Thanks to the popularity of ChatGPT, companies everywhere are injecting generative AI into their products. But Vikram Chatterji thinks there’s one big thing stopping businesses from fully embracing AI, and deploying tools in full-scale production: Companies don’t really know how well the tools are going to work once they’re released.
“If you don't solve for this, you’re stuck in almost-production land”, said Chatterji, CEO of Galileo, a start-up focused on evaluating AI models.
Chatterji wants his company to be the one to solve it. Galileo works with customers including Hewlett Packard, Comcast and Twilio to test their AI tools, making sure they are not hallucinating – AI-speak for just making up responses – or giving out private data. On Tuesday, the company told Forbes it has raised a $ 45 million Series B funding round, bringing its total investment to $ 68 million since it was founded three years ago.

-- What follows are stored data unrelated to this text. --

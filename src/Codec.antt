-- ===== src/Codec.antt =====
-- internal/codec: the wire formats and the choice between them.
pub mod Format
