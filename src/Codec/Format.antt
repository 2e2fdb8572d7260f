-- ===== src/Codec/Format.antt =====
-- internal/codec/format.go: the provider formats, the cost of a conversion, and the choice of the
-- cheapest outbound format. `none` is the error return. `table` is unicode.ToLower beyond ASCII.
pub mod Cheapest
use oh_my_api.Base.{
  ℕ, Bool, true, false, Option, none, some, List, [], ◌∷◌, ◌++◌, ltb, any, if◌then◌else◌, ◌>>=◌,
  Text, txt, text_eq, trim_space, to_lower,
}

pub data Format : Type 0 where
  openai_chat openai_response anthropic_messages ollama_chat : Format

unfoldable pub format_eq : Format → Format → Bool
format_eq openai_chat openai_chat = true
format_eq openai_response openai_response = true
format_eq anthropic_messages anthropic_messages = true
format_eq ollama_chat ollama_chat = true
format_eq _ _ = false

unfoldable pub format_text : Format → Text
format_text openai_chat = txt "openai.chat"
format_text openai_response = txt "openai.responses"
format_text anthropic_messages = txt "anthropic.messages"
format_text ollama_chat = txt "ollama.chat"

-- The switch of NormalizeProviderFormat.
unfoldable pub format_of : Text → Option Format
unfolding format_text
format_of t =
    if text_eq t (format_text openai_chat)
    then some openai_chat
    else if text_eq t (format_text openai_response)
    then some openai_response
    else if text_eq t (format_text anthropic_messages)
    then some anthropic_messages
    else if text_eq t (format_text ollama_chat)
    then some ollama_chat
    else none

unfoldable pub normalize_provider_format : (ℕ → ℕ) → Text → Option Format
unfolding format_of
normalize_provider_format table protocol = format_of (to_lower table (trim_space protocol))

-- The loop of NormalizeProtocols.
unfoldable pub normalize_from : (ℕ → ℕ) → List Format → List Text → Option (List Format)
normalize_from table formats [] = some formats
normalize_from table formats (part ∷ parts) =
    let trimmed = trim_space part in
    let skip = normalize_from table formats parts in
    elim (text_eq trimmed []) [
      | true ↦ skip
      | false ↦ elim (normalize_provider_format table trimmed) [
        | none ↦ none
        | some f ↦ normalize_from table (formats ++ (f ∷ [])) parts
      ]
    ]

abbrev non_empty : List Format → Option (List Format)
non_empty [] = none
non_empty (f ∷ fs) = some (f ∷ fs)

unfoldable pub normalize_protocols : (ℕ → ℕ) → List Text → Option (List Format)
unfolding normalize_from
normalize_protocols table protocols = do
  formats ← normalize_from table [] protocols
  non_empty formats

-- The matrix of ConversionCost.
unfoldable pub matrix : Format → Format → Option ℕ
matrix openai_chat anthropic_messages = some 2
matrix openai_chat openai_response = some 3
matrix openai_chat ollama_chat = some 1
matrix anthropic_messages openai_chat = some 3
matrix anthropic_messages openai_response = some 6
matrix anthropic_messages ollama_chat = some 4
matrix openai_response openai_chat = some 3
matrix openai_response anthropic_messages = some 6
matrix openai_response ollama_chat = some 4
matrix _ _ = none

unfoldable pub conversion_cost : Format → Format → Option ℕ
unfolding matrix format_eq
conversion_cost inbound outbound =
    if format_eq inbound outbound then some 0 else matrix inbound outbound

pub data Reason : Type 0 where
  passthrough lowest_cost : Reason

pub record Choice : Type 0 where
  pub format : Format
  pub reason : Reason
  pub cost : ℕ

-- The second loop of SelectBestFormat, over `supported[1:]`.
unfoldable pub cheapest_from : Format → Format → ℕ → List Format → Option (Format × ℕ)
cheapest_from inbound best best_cost [] = some (best, best_cost)
cheapest_from inbound best best_cost (f ∷ fs) = elim (conversion_cost inbound f) [
  | none ↦ none
  | some c ↦
      cheapest_from inbound (if ltb c best_cost then f else best)
        (if ltb c best_cost then c else best_cost) fs
]

unfoldable pub select_best_format : List Format → Format → Option Choice
select_best_format [] inbound = none
select_best_format (f ∷ fs) inbound =
    if any (λ g. format_eq g inbound) (f ∷ fs)
    then some (record { format = inbound; reason = passthrough; cost = 0 })
    else (do
      first_cost ← conversion_cost inbound f
      best ← cheapest_from inbound f first_cost fs
      some (record { format = best.0; reason = lowest_cost; cost = best.1 }))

The start-up has four products: Fine Tune, which helps corporate customers to train existing models to fit their needs, like incorporating proprietary data; Evaluate, which lets companies quickly decide if a model is ready to ship or still has kinks to work out; Observe, for maintenance and real-time testing once the model is launched; and Protect, to mitigate threats like prompt injection, were users try to manipulate the model to go off the rails or disclose sensitive information. In July, Galileo released Luna, its own language model for evaluating the performance of other models, including answer completeness, data privacy and bias detection.
The announcement comes as companies worldwide race to beef up their AI offerings. But that comes with the pitfalls of AI models making silly mistakes – like Google’s Gemini telling users to make a glue pizza – or sensitive leaks – like Samsung’s internal source code being shared on ChatGPT last year, causing the electronics giant to ban employees from using the chatbot. Galileo isn’t the only AI evaluations start-up in the market. Last week, rival Braintrust, whose customers include Stripe and Notion, said it raised a $ 36 million Series A led by Andreessen Horowitz.
Chatterji and fellow co-founder Yash Sheth are former Google colleagues who joined the tech giant a week apart from each other in 2013. Chatterji was an AI product manager who most recently worked on Google’s BERT, an AI model deployed to help understand a user’s intentions while using its search engine. Sheth, now Galileo’s COO, was an engineer working on Google’s speech recognition tools. Atindriyo Sanyal, Galileo’s CTO and other cofounder, previously held senior AI engineering roles at Uber and Apple.
Galileo’s round was led by Scale Venture Partners, with participation by Premji Invest, an Indian venture capital firm. Other backers include the venture arms of Citibank and the data storage company Databricks, as well as Clem Delangue, founder of AI startup Hugging Face.
Andy Vitus, a partner at Scale Venture Partners, said evaluation tools are so important for corporations because he thinks AI models will soon be seen as brand ambassadors — especially as businesses start to deploy AI agents that perform tasks for customers, like booking travel or placing orders. Companies also need to protect their AI models from saying anything negative about their brands, or referencing past scandals.
“In the long run, there will be an expectation that, say, Siri, doesn't say bad things about Apple”, said Vitus, who is taking a board seat at Galileo as part of the investment. “In the same way employees have managers, these agents need oversight.”
Jim Nottingham, senior vice president of advanced compute solutions at HP, said the company uses Galileo’s services internally for its own AI tools, but also bundles it for customers who use HP’s AI Studio, a subscription suite of tools that helps developers create AI products.
The $ 45 million funding round is modest compared to some of the eye-popping rounds other AI companies have recently announced. Earlier this month, OpenAI said it raised $ 6.6 billion, the largest venture capital round of all time. Elon Musk’s xAI is not far behind with a $ 6 billion raise earlier this year. Even lesser known companies, like next-gen chip startup Groq, raised $ 640 million this summer.
But Galileo isn’t training massive frontier models that need armies of GPUs (the company didn’t train or fine tune Luna from scratch), or building out new chip designs with expensive manufacturing costs. As a result, Chatterji said the company doesn’t require nearly as much cash to operate. “You should just take the amount of money that you actually need”, he said. “And build a business which is sustainable for the long term.”